- [ABOUT THIS TASK]
Instruction for the entries that follow: retype exactly the lines from the line with "pub is_empty : (d.records" to the line with "abbrev pub Reclaims", both included, and omit all others.

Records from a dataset
════════════════════
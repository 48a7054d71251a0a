-- ===== src/Facility/Reclamation.antt =====
-- What TaskFacilityCore::Reclaim guarantees.
use edp_threading.Base.{
  ℕ, ◌<◌, ◌≡◌, ◌≢◌, ◌∙◌, ◌⊎◌, refl, Bool, true, false, ◌||◌, Option, none, some, List, ◌==◌, update,
  elem, arith, Bool-cases, inl, inr, ==_iff, ne→==, ==_refl,
}
use edp_threading.Topology.{Topology}
use edp_threading.Task.Control.{TaskOperationalState, state, has_owner, same_state}
use edp_threading.Task.Payload.{Payload, Adapter}
use edp_threading.Task.Record.{TaskRecord, set_queue_next}
use edp_threading.Facility.Core.{
  TaskFacilityCore, TaskReclaimResult, links, is_ownerless_terminal, reclaim,
  is_current_incarnation,
}
use edp_threading.Facility.Invariant.{Inv, IsRecordOk, RecordOk, AllocatedOk}
use edp_threading.Facility.Frame.{SameButScratch}

abbrev pub is_terminal_state : TaskOperationalState → Bool
is_terminal_state s =
    same_state s TaskOperationalState.completed || same_state s TaskOperationalState.cancelled

-- A terminal record with no owner holds nothing.
ownerless_ok :
    (queued : Bool) (s : TaskOperationalState) (p : Payload) (ops : Option Adapter)
    → is_terminal_state s ≡ true
    → AllocatedOk queued s false p ops
    → RecordOk true queued s false p none
ownerless_ok queued s p none e h = absurd h
ownerless_ok queued TaskOperationalState.completed p (some a) e h = (h.0, refl, h.1, tt)
ownerless_ok queued TaskOperationalState.cancelled p (some a) e h = (h.0, refl, h.1, tt)
ownerless_ok queued TaskOperationalState.queued p (some a) e h = absurd (cc)
ownerless_ok queued TaskOperationalState.running p (some a) e h = absurd (cc)
ownerless_ok queued TaskOperationalState.running_cancel_requested p (some a) e h = absurd (cc)
ownerless_ok queued TaskOperationalState.unnamed p (some a) e h = absurd (cc)

module _ (t : Topology) where
  -- Record `i` is available again; its control byte and its storage stand, so its Phase does; it
  -- is detached from its operations. Every other record and bit stands.
  pub record ReclaimedAt (c : TaskFacilityCore t) (q : List ℕ) (i : ℕ) (d : TaskFacilityCore t)
      : Type 0 where
    pub valid : Inv t d q
    pub is_available : t.availability.is_set d.availability i ≡ true
    pub keeps_control : (d.records i).control ≡ (c.records i).control
    pub is_empty : (d.records i).payload ≡ Payload.raw
    pub is_detached : (d.records i).operations ≡ none
    pub others :
        (j : ℕ)
        → j < t.records
        → i ≢ j
        → (d.records j ≡ c.records j)
          × (t.availability.is_set d.availability j ≡ t.availability.is_set c.availability j)

  -- Reclaim frees a record exactly when it is current, allocated, terminal and not owned, and
  -- otherwise changes nothing.
  abbrev pub Reclaims :
      TaskFacilityCore t → List ℕ → ℕ → Bool → TaskFacilityCore t × TaskReclaimResult → Type 0
  Reclaims c q i p r =
      ((is_current_incarnation t c i p ≡ true)
        × (t.availability.is_set c.availability i ≡ false)
        × (has_owner (c.records i).control ≡ false)
        × (is_terminal_state (state (c.records i).control) ≡ true)
        × ReclaimedAt c q i r.0
        × (r.1 ≡ TaskReclaimResult.reclaimed))
      ⊎ (((is_current_incarnation t c i p ≡ false)
            ⊎ (t.availability.is_set c.availability i ≡ true)
            ⊎ (has_owner (c.records i).control ≡ true)
            ⊎ (is_terminal_state (state (c.records i).control) ≡ false))
          × (r ≡ (c, TaskReclaimResult.not_eligible)))

  module _ (c : TaskFacilityCore t) (q : List ℕ) (i : ℕ) (v : Inv t c q)
      (below : i < t.records) where
    abbrev freed : TaskRecord
    freed = set_queue_next t (record (c.records i) { operations = none }) none

    abbrev after : TaskFacilityCore t
    after = record c {
      records = update c.records i freed;
      availability = (t.availability.set c.availability i).0;
    }

    freed-SameButScratch : SameButScratch freed (record (c.records i) { operations = none })
    unfolding set_queue_next
    freed-SameButScratch = (refl, refl, refl)

    module _ (taken : t.availability.is_set c.availability i ≡ false)
        (ownerless : has_owner (c.records i).control ≡ false)
        (terminal : is_terminal_state (state (c.records i).control) ≡ true) where
      was_ok :
          RecordOk true (elem i q) (state (c.records i).control) false (c.records i).payload none
      was_ok =
          ownerless_ok (elem i q) (state (c.records i).control) (c.records i).payload
            (c.records i).operations terminal (rw (taken, ownerless) at (v.ok i below).0)

      freed_ok : IsRecordOk true (elem i q) freed
      freed_ok =
          rw (freed-SameButScratch.0, freed-SameButScratch.1, ownerless) (was_ok, (v.ok i below).1)

      after-Inv : Inv t after q
      after-Inv = record {
        holds =
            t.queue.Holds-frame c.ends (links t c.records) (links t after.records) q v.holds
              λ j here. elim (Bool-cases (i == j)) [
                | inl same ↦ absurd (ground (arith, (==_iff i j).0 same, was_ok.0))
                | inr other ↦ rw other
              ];
        distinct = v.distinct;
        members = v.members;
        ok = λ j lt. elim (Bool-cases (i == j)) [
          | inl same ↦
              let e : i ≡ j = (==_iff i j).0 same in
              rw (← e, t.availability.is_set-set c.availability i i below below, ==_refl i) freed_ok
          | inr other ↦
              rw (t.availability.is_set-set c.availability i j below lt, other) (v.ok j lt)
        ];
      }

      after-ReclaimedAt : ReclaimedAt c q i after
      after-ReclaimedAt = record {
        valid = after-Inv;
        is_available = rw (t.availability.is_set-set c.availability i i below below, ==_refl i);
        keeps_control = rw (==_refl i) freed-SameButScratch.1;
        is_empty = rw (==_refl i) (freed-SameButScratch.0 ∙ was_ok.2);
        is_detached = rw (==_refl i) freed-SameButScratch.2;
        others = λ j lt ne. (
          rw (ne→== i j ne),
          rw (t.availability.is_set-set c.availability i j below lt, ne→== i j ne),
        );
      }

    not_reclaimed :
        (p : Bool)
        → (is_current_incarnation t c i p ≡ false)
          ⊎ (t.availability.is_set c.availability i ≡ true)
          ⊎ (has_owner (c.records i).control ≡ true)
          ⊎ (is_terminal_state (state (c.records i).control) ≡ false)
        → reclaim t c i p ≡ (c, TaskReclaimResult.not_eligible)
    unfolding reclaim is_ownerless_terminal
    not_reclaimed p why = ground arith

    reclaimed :
        (p : Bool)
        → is_current_incarnation t c i p ≡ true
        → t.availability.is_set c.availability i ≡ false
        → has_owner (c.records i).control ≡ false
        → is_terminal_state (state (c.records i).control) ≡ true
        → reclaim t c i p ≡ (after, TaskReclaimResult.reclaimed)
    unfolding reclaim is_ownerless_terminal
    reclaimed p current taken ownerless terminal = rw (current, taken, ownerless, terminal) refl

    -- Reclaim of a record of a well-formed core answers Reclaimed exactly when the Phase is
    -- current, the record is allocated, it has no owner and its state is Completed or
    -- Cancelled; then the record is available, holds no payload and no operations and keeps
    -- its control byte, so its Phase, every other record and bit stands, and the core is
    -- well formed with the same queue. In every other case it answers NotEligible and
    -- changes nothing.
    pub reclaim_lem : (p : Bool) → Reclaims c q i p (reclaim t c i p)
    reclaim_lem p = elim (Bool-cases (is_current_incarnation t c i p)) [
      | inr stale ↦ inr (inl stale, not_reclaimed p (inl stale))
      | inl current ↦ elim (Bool-cases (t.availability.is_set c.availability i)) [
        | inl free ↦ inr (inr (inl free), not_reclaimed p (inr (inl free)))
        | inr taken ↦ elim (Bool-cases (has_owner (c.records i).control)) [
          | inl owned ↦ inr (inr (inr (inl owned)), not_reclaimed p (inr (inr (inl owned))))
          | inr ownerless ↦ elim (Bool-cases (is_terminal_state (state (c.records i).control))) [
            | inr alive ↦ inr (inr (inr (inr alive)), not_reclaimed p (inr (inr (inr alive))))
            | inl terminal ↦
                let e = reclaimed p current taken ownerless terminal in
                inl (
                  current,
                  taken,
                  ownerless,
                  terminal,
                  rw e (after-ReclaimedAt taken ownerless terminal),
                  rw e,
                )
          ]
        ]
      ]
    ]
════════════════════
- [REPLY TO THE EXERCISE]
    pub is_empty : (d.records i).payload ≡ Payload.raw
    pub is_detached : (d.records i).operations ≡ none
    pub others :
        (j : ℕ)
        → j < t.records
        → i ≢ j
        → (d.records j ≡ c.records j)
          × (t.availability.is_set d.availability j ≡ t.availability.is_set c.availability j)

  -- Reclaim frees a record exactly when it is current, allocated, terminal and not owned, and
  -- otherwise changes nothing.
  abbrev pub Reclaims :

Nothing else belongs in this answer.